Output 60.3.2: Swap Candidates at Step 2

Best 10 Candidates
Rank Effect
Dropped
Effect
R-Square
1 x1*x2 x7*x11 0.9112
2 x2*x3 x7*x11 0.9112
3 x1*x2 x7 0.9065
4 x2*x3 x7 0.9065
5 x1*x2 x7*x7 0.9060
6 x2*x3 x7*x7 0.9060
7 x1*x2 x4*x7 0.9060
8 x2*x3 x4*x7 0.9060
9 x1*x2 x11 0.9058
10 x2*x3 x11 0.9058

You see that the best swap adds `x7*x11` and drops `x1*x2`. This yields an eight-effect model whose R-square value (0.9112) is larger than the R-square value (0.8992) of the eight-effect model at step 1. Hence this swap is made at step 2. At step 3, an even better eight-effect model than the model at step 2 is obtained by dropping `x2*x3` and adding `x1*x4`. No additional swap improves the R-square value, and so the model at step 3 is deemed to be the best eight-effect model.
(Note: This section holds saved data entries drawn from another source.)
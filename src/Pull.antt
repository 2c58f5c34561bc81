-- ===== src/Pull.antt =====
-- src/sync/stages/pull/stage.rs: the pull stage, which asks a node for new blocks and sends them to the
-- index stage, and the points by which it finds its place in the node's chain.
pub mod Intersect
pub mod Fetch
pub mod Forwards
pub mod Chain
pub mod Schedule
pub mod Sends
pub mod Peer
Although this is the best eight-effect model that can be found by this method given the starting model, it is not guaranteed that this model that has the highest R-square value among all possible models that consist of seven effects and an intercept.

Because the DETAILS=ALL option is specified in the SELECTION statement, details for the model at each step of the selection process are displayed. Output 60.3.3 provides details of the model at step 3.
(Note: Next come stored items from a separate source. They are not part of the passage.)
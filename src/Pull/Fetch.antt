-- ===== src/Pull/Fetch.antt =====
-- src/sync/stages/pull/stage.rs: `fetch_chain_actions` and the sending of its events. The node's answers
-- are a parameter, and logging is left out.
use maestro_symphony.Prelude.{
  ℕ, suc, List, [], ◌∷◌, ◌++◌, map, reverse, length, take, Option, none, some, Bytes, list_beq,
  list_eq, nat_eq, ltb, eqb, Map, lookup, insert, if◌then◌else◌, Result, ok, err, ◌>>=◌,
}
use maestro_symphony.Core.{Point, Error, BlockTxs}
use maestro_symphony.Worker.Stage.{
  WorkerError, worker_panic, worker_restart, ChainEvent, roll_forward, roll_back,
}

-- Of a header and a block of the `bitcoin` crate, what the stage reads; the transactions with the ids
-- that the crate computes.
pub record Header : Type 0 where
  pub block_hash : Bytes
  pub prev_blockhash : Bytes

pub record Block : Type 0 where
  pub block_hash : Bytes
  pub txdata : BlockTxs

-- The node's answers while one page is fetched; `none` is an error of the peer.
pub record Peer : Type 0 where
  pub get_new_headers : List Bytes → Option (List Header)
  pub get_blocks : List Bytes → Option (List Block)

-- Of the stage, its page size and what it reads of the configuration and the store.
pub record Settings : Type 0 where
  pub block_page_size : ℕ
  pub genesis_hash : Bytes
  pub options : Result Error (List Point)

pub record Worker : Type 0 where
  pub cursor : List Point
  pub tip : Point

-- The worker as a step leaves it, and what the step answers.
abbrev pub Fetched : Type 0
Fetched = Worker × Result WorkerError (List ChainEvent)

-- `HashMap::from_iter`, in which the last point of a hash counts.
abbrev pub cursor_map : List Point → Map Bytes ℕ → Map Bytes ℕ
cursor_map [] m = m
cursor_map (p ∷ ps) m = cursor_map ps (insert p.hash p.height m)

abbrev pub rollback_from : List Point → Point → List ChainEvent
rollback_from [] intersect = []
rollback_from (tip ∷ ps) intersect =
    if eqb intersect.height tip.height then [] else roll_back intersect ∷ []

-- `zip((*intersect_height + 1)..)`
abbrev pub number : ℕ → List (Header × Block) → List ((Header × Block) × ℕ)
number height [] = []
number height (h ∷ hs) = (h, height) ∷ number (suc height) hs

abbrev pub zip : {A B : Type 0} → List A → List B → List (A × B)
zip [] bs = []
zip (a ∷ as') [] = []
zip (a ∷ as') (b ∷ bs) = (a, b) ∷ zip as' bs

abbrev pub point_of : (Header × Block) × ℕ → Point
point_of ((header, block), height) = record { height = height; hash = header.block_hash }

abbrev pub retain_below : ℕ → List Point → List Point
retain_below height [] = []
retain_below height (p ∷ ps) =
    let rest = retain_below height ps in if ltb p.height height then p ∷ rest else rest

abbrev pub last_of : Point → List Point → Point
last_of p [] = p
last_of p (q ∷ qs) = last_of q qs

-- Without new points all the options are taken, or else those below the last new point.
abbrev pub add_options : List Point → List Point → List Point
add_options [] options = options
add_options (p ∷ ps) options = (p ∷ ps) ++ retain_below (last_of p ps).height options

abbrev pub extend_cursor : Settings → List Point → Result Error (List Point)
extend_cursor settings points =
    if ltb (length points) 50
    then (do options ← settings.options; ok (add_options points options))
    else ok points

-- The last fifty of the new points, newest first.
abbrev pub newest_points : List ((Header × Block) × ℕ) → List Point
newest_points headers = take 50 (reverse (map point_of headers))

unfoldable pub next_cursor : Settings → List ((Header × Block) × ℕ) → Result Error (List Point)
next_cursor settings headers = do
  cursor ← extend_cursor settings (newest_points headers)
  ok (cursor ++ (record { height = 0; hash = settings.genesis_hash } ∷ []))

abbrev pub raise_tip : Point → Worker → Worker
raise_tip point w = if ltb w.tip.height point.height then record w { tip = point } else w

abbrev pub add_event : ChainEvent → Fetched → Fetched
add_event event (w, ok events) = (w, ok (event ∷ events))
add_event event (w, err e) = (w, err e)

-- The loop over the blocks. `compute_txid` is third-party, and a block's transactions have their ids.
unfoldable pub forward : List ((Header × Block) × ℕ) → Worker → Fetched
forward [] w = (w, ok [])
forward (((header, block), height) ∷ headers) w =
    let point = point_of ((header, block), height) in
    let w' = raise_tip point w in
    let rest =
      add_event (roll_forward point header.prev_blockhash block.txdata w'.tip)
        (forward headers w') in
    if list_beq header.block_hash block.block_hash then rest else (w, err worker_restart)

abbrev pub prepend : List ChainEvent → Fetched → Fetched
prepend before (w, ok events) = (w, ok (before ++ events))
prepend before (w, err e) = (w, err e)

-- Where the options are not read, the cursor is left with the new points only.
abbrev pub forward_from :
    List ChainEvent → List ((Header × Block) × ℕ) → Worker → Result Error (List Point) → Fetched
forward_from before headers w (ok cursor) =
    prepend before (forward headers (record w { cursor = cursor }))
forward_from before headers w (err e) =
    (record w { cursor = newest_points headers }, err worker_panic)

-- With the height at which the first new block connects.
abbrev pub connect : Settings → Worker → Header → List (Header × Block) → Option ℕ → Fetched
connect settings w first headers none = (w, err worker_restart)
connect settings w first headers (some height) =
    let numbered = number (suc height) headers in
    forward_from (rollback_from w.cursor (record { height = height; hash = first.prev_blockhash }))
      numbered w (next_cursor settings numbered)

abbrev pub with_blocks : Settings → Worker → Header → List Header → Option (List Block) → Fetched
with_blocks settings w first headers none = (w, err worker_restart)
with_blocks settings w first headers (some blocks) =
    if eqb (length headers) (length blocks)
    then connect settings w first (zip headers blocks)
        (lookup first.prev_blockhash (cursor_map w.cursor []))
    else (w, err worker_restart)

abbrev pub with_headers : Settings → Peer → Worker → Option (List Header) → Fetched
with_headers settings peer w none = (w, err worker_restart)
with_headers settings peer w (some []) = (w, ok [])
with_headers settings peer w (some (first ∷ more)) =
    let headers = take settings.block_page_size (first ∷ more) in
    with_blocks settings w first headers (peer.get_blocks (map (λ h. h.block_hash) headers))

unfoldable pub fetch_chain_actions : Settings → Peer → Worker → Fetched
fetch_chain_actions settings peer w =
    with_headers settings peer w (peer.get_new_headers (map (λ p. p.hash) w.cursor))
Output 60.3.3: Model Details at Step 3

Analysis of Variance
Source DF Sum of
Squares
Mean
Square
F Value Pr > F
Model 7 108630 15519 15000.3 <.0001
Error 9992 10337 1.03455
Corrected Total 9999 118967

 Root MSE 1.01713 0.91311 0.91305 10350 10350 405.375 1.03373

Parameter Estimates
Parameter DF Estimate Standard
Error
t Value Pr > |t|
Intercept 1 0.012095 0.045712 0.26 0.7913
x1 1 3.087078 0.076390 40.41 <.0001
x2 1 7.775180 0.046815 166.08 <.0001
x3 1 -4.957140 0.070995 -69.82 <.0001
x1*x3 1 4.910115 0.122503 40.08 <.0001
x1*x4 1 0.890436 0.060523 14.71 <.0001
x7*x11 1 1.708469 0.045939 37.19 <.0001
x2*x13 1 2.584078 0.061506 42.01 <.0001

The forward-swap method continues to find the best nine-effect model, best 10-effect model, and so on until it obtains the best 15-effect model. At this point the selection terminates because you specified the MAXEF=15 option in the SELECTION statement. The R-square value increases at each step of the selection process. However, because you specified the CHOOSE=SBC criterion in the SELECTION statement, the final model selected is the model at step 6.